House pulls down Wilson's pyjama pants. He's mildly surprised to see that Wilson's prick is half-hard. With the rest of him so limp, it looks almost comical. He's heard of this happening, at the moment of death, though he's never actually seen it. Not on one of the seventy-two corpses he's autopsied in his time.
He knows it's a perfectly natural, explicable phenomenon. Still, it creeps him out a little.
House gets up from the bed, sits down at the desk and opens up his laptop. He powers it up and opens a page in the Word Processor. Then he types the following:
Dear Miscellaneous People Of My Past And Present Acquaintance,
If you care enough to read this, it's likely you fall into one of three categories:
I've hideously offended you at some point in the past, and you've sought out the details of my demise in order to gain some small satisfaction from the fact of my death and some insight into the psychology of a man who could be so needlessly cruel. To this demographic I would like to apologise. Not for offending you, but for the fact that this letter will sorely disappoint you.

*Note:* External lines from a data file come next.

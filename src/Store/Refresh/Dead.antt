-- ===== src/Store/Refresh/Dead.antt =====
-- A revoked family: no exchange of any of its Refresh Tokens returns tokens.
use one_issuer.Base.{
  ℕ, suc, ◌≡◌, ◌≢◌, ap, ◌∙◌, Bool, false, not, ◌&&◌, ◌==◌, arith, find_sound, any, none_of_find,
  ==_iff,
}
use one_issuer.Errors.{Result}
use one_issuer.Text.{Bytes, str_eq}
use one_issuer.Text.Order.{str_eq_refl}
use one_issuer.Token.{RefreshGeneration, RefreshInput, RefreshAuthority, RefreshMinted, Response}
use one_issuer.Store.{Db, Conn, returned}
use one_issuer.Store.Transaction.{start_db}
use one_issuer.Store.Queries.{is_unrevoked}
use one_issuer.Store.Refresh.{exchange_refresh_token}
use one_issuer.Store.Refresh.Invariant.{Keeps, start_db-keeps}
use one_issuer.Store.Refresh.Authorized.{IsAuthorized, exchange_refresh_token-IsAuthorized}

-- A generation with the hash that is not of the family.
abbrev pub is_elsewhere : ℕ → Bytes → RefreshGeneration → Bool
is_elsewhere family hash r = str_eq r.token_hash hash && not (r.family_id == family)

-- The family is revoked, and the hash is of no other family.
pub record IsDead (family : ℕ) (hash : Bytes) (db : Db) : Type 0 where
  pub revoked : any (is_unrevoked family) db.families ≡ false
  pub nowhere_else : any (is_elsewhere family hash) db.generations ≡ false

authorized_not_dead :
    (family : ℕ) (db : Db) (input : RefreshInput) (response : Response)
    → IsAuthorized db input response
    → IsDead family input.token_hash db
    → ⊥
authorized_not_dead family db input response a dead =
    let same =
      ap (λ h. str_eq h input.token_hash) a.generation_hash ∙ str_eq_refl input.token_hash in
    let here =
      none_of_find (λ r. r.id == a.presented.id) (is_elsewhere family input.token_hash)
        db.generations a.generation_stored dead.nowhere_else in
    let id =
      (==_iff a.family.id a.presented.family_id).0
        (find_sound (λ r. r.id == a.presented.family_id) db.families a.family_stored) in
    let gone =
      none_of_find (λ r. r.id == a.presented.family_id) (is_unrevoked family) db.families
        a.family_stored dead.revoked in
    ground (arith, same, here, id, gone, a.family_live)

-- While a family is revoked, ExchangeRefreshToken returns no tokens for any Refresh Token of it,
-- consumed or not, provided that other transactions neither lift the revocation nor store the hash
-- in another family.
pub revoked_family_never_exchanges :
    (sha256 : Bytes → Bytes) (others : ℕ → Db → Db)
    (mint : ℕ → RefreshAuthority → Result RefreshMinted) (family : ℕ) (input : RefreshInput)
    (c c' : Conn) (response : Response)
    → Keeps others (IsDead family input.token_hash)
    → IsDead family input.token_hash c.db
    → exchange_refresh_token sha256 others mint input c ≢ returned response c'
revoked_family_never_exchanges sha256 others mint family input c c' response keeps dead h =
    let (n, a) = exchange_refresh_token-IsAuthorized sha256 others mint input c c' response h in
    authorized_not_dead family (start_db others c.db (suc n)) input response a
      (start_db-keeps others (IsDead family input.token_hash) keeps c.db (suc n) dead)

You believed you knew me in life, and disliked me intensely. However, deep down, you sensed in me some glimmer of Goodness, Hope and Love for Mankind. You either made some futile attempt to help me realise this, or harboured fantasies of doing so at some indeterminate future date. To these people I would like to say: you are morons.
You are the DI investigating my apparent suicide. To you I would like to say - I was murdered, murdered, I tell you. You want to look for a small, bald man, with unpleasant, beady eyes and egotistical delusions about migraine medication. Goes by the name of Von Lieberman.
Life's been a pain. I've been a pain. It's all been one big pain.
Bye now.
Gregory House.
P.S. Please bury me in my Howlin' Wolf t-shirt.
House leaves this window open on his laptop, and then crosses to the bedside table to pick up the phone. He dials 911, and says to the operator, quite calmly,
'Hurry, please. The blood. There's so much blood.' He gives the address of their hotel room. It's a risk. It gives him very little time to get things done. Then again, he doesn't want Wilson to lie rotting in a motel room for days, even if it is well air-conditioned. He, himself, couldn't really care less. He hangs up, opens the bedside table drawer and takes out the remaining three vials of Wilson's morphine.
He carefully fills a syringe with seven times the lethal dose and sits on the edge of the bed. He tugs off one of Wilson's long grey socks and ties it around his own lower bicep as a tourniquet. Smacks the crook of his arm until a fat blue vein raises on the surface. Then he injects himself with the entire contents of the syringe, undoes the sock, and replaces it carefully on Wilson's foot.
He lies down beside Wilson. Takes him by the shoulders and drags him a little closer. He doesn't embrace him, but he does roll him onto his side, so that they are face-to-face, very close. Wilson's chest is still bare, and his pants are still around his knees. The tip of his naked prick is just touching House's knee. House watches as his own shallow breaths stir Wilson's nose hair.
'Let me tell you what I did today,' he says to Wilson. 'I had a good day. I've been having more and more good days, lately. I finalised some plans for the future. I spent a lot of time deep in thought. Reassessed things. I think I came to a reasonable decision.'
A giddy, sick, euphoric feeling rises in House. He remembers it - it's the feeling you get when you're about to orgasm, and you don't want to orgasm, because the moment afterwards, when the sensation slips away from you, is so sad.
'Wilson,' he says, and waits for a second, as though to make sure he has Wilson's attention. 'This is stupid.'
He thinks he hears Wilson's reply, creeping sibilant through the air vent above the bed. Though he can't make out the words.